Output the entries below exactly, from the first line to the line holding "to_lower s = map lower_char s", both included.

Collected data:
____________
-- ===== src/Webhook/Classify.antt =====
-- include/webhook/signal_types.hpp, parse_sfx: what kind of signal an alert is, and what it does.
pub mod Meaning
pub mod Names
use tv_webhook_trader.Shared.{
  Bool, true, false, ◌||◌, if◌then◌else◌, Text, codes, text_eq, map, upper_char, lower_char,
}
use tv_webhook_trader.Webhook.Signal.{SignalType, entry, tp, sl, re_entry, unknown}

unfoldable pub to_upper : Text → Text
to_upper s = map upper_char s

unfoldable pub to_lower : Text → Text
to_lower s = map lower_char s

-- The fields that the classification writes. parse_sfx is handed a fresh signal, so a field that a
-- branch leaves as it is stays empty.
pub record Intent : Type 0 where
  pub sig_type : SignalType
  pub action : Text
  pub trade_side : Text
  pub tp_level : Text

unfoldable pub is_entry : Text → Bool
is_entry u = text_eq u (codes "BUY") || text_eq u (codes "SELL")

unfoldable pub is_tp : Text → Bool
is_tp u = text_eq u (codes "TP1") || text_eq u (codes "TP2") || text_eq u (codes "TP3")

unfoldable pub is_sl : Text → Bool
is_sl u =
    text_eq u (codes "SL")
    || text_eq u (codes "STOP_LOSS")
    || text_eq u (codes "STOP-LOSS")
    || text_eq u (codes "STOPLOSS")
    || text_eq u (codes "AUTO_SL")
    || text_eq u (codes "AUTO-SL")

unfoldable pub is_re_entry : Text → Bool
is_re_entry u =
    text_eq u (codes "RE")
    || text_eq u (codes "RE_ENTRY")
    || text_eq u (codes "RE-ENTRY")
    || text_eq u (codes "REENTRY")

-- A bull position is closed by selling, a bear position by buying; else the action stays as it was.
unfoldable pub closing_action : Text → Text
closing_action direction =
    if text_eq direction (codes "bull")
    then codes "sell"
    else if text_eq direction (codes "bear")
    then codes "buy"
    else codes ""

unfoldable pub classify : Text → Text → Intent
classify alert direction =
    let u = to_upper alert in
    if is_entry u
    then record {
      sig_type = entry;
      action = to_lower alert;
      trade_side = codes "open";
      tp_level = codes "";
    }
    else if is_tp u
    then record {
      sig_type = tp;
      action = closing_action direction;
      trade_side = codes "close";
      tp_level = u;
    }
    else if is_sl u
    then record {
      sig_type = sl;
      action = closing_action direction;
      trade_side = codes "close";
      tp_level = codes "";
    }
    else if is_re_entry u
    then record {
      sig_type = re_entry;
      action = if text_eq direction (codes "bull") then codes "buy" else codes "sell";
      trade_side = codes "open";
      tp_level = codes "";
    }
    else record {
      sig_type = unknown;
      action = codes "";
      trade_side = codes "";
      tp_level = codes "";
    }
____________
TASK SOLUTION
-- ===== src/Webhook/Classify.antt =====
-- include/webhook/signal_types.hpp, parse_sfx: what kind of signal an alert is, and what it does.
pub mod Meaning
pub mod Names
use tv_webhook_trader.Shared.{
  Bool, true, false, ◌||◌, if◌then◌else◌, Text, codes, text_eq, map, upper_char, lower_char,
}
use tv_webhook_trader.Webhook.Signal.{SignalType, entry, tp, sl, re_entry, unknown}

unfoldable pub to_upper : Text → Text
to_upper s = map upper_char s

unfoldable pub to_lower : Text → Text
to_lower s = map lower_char s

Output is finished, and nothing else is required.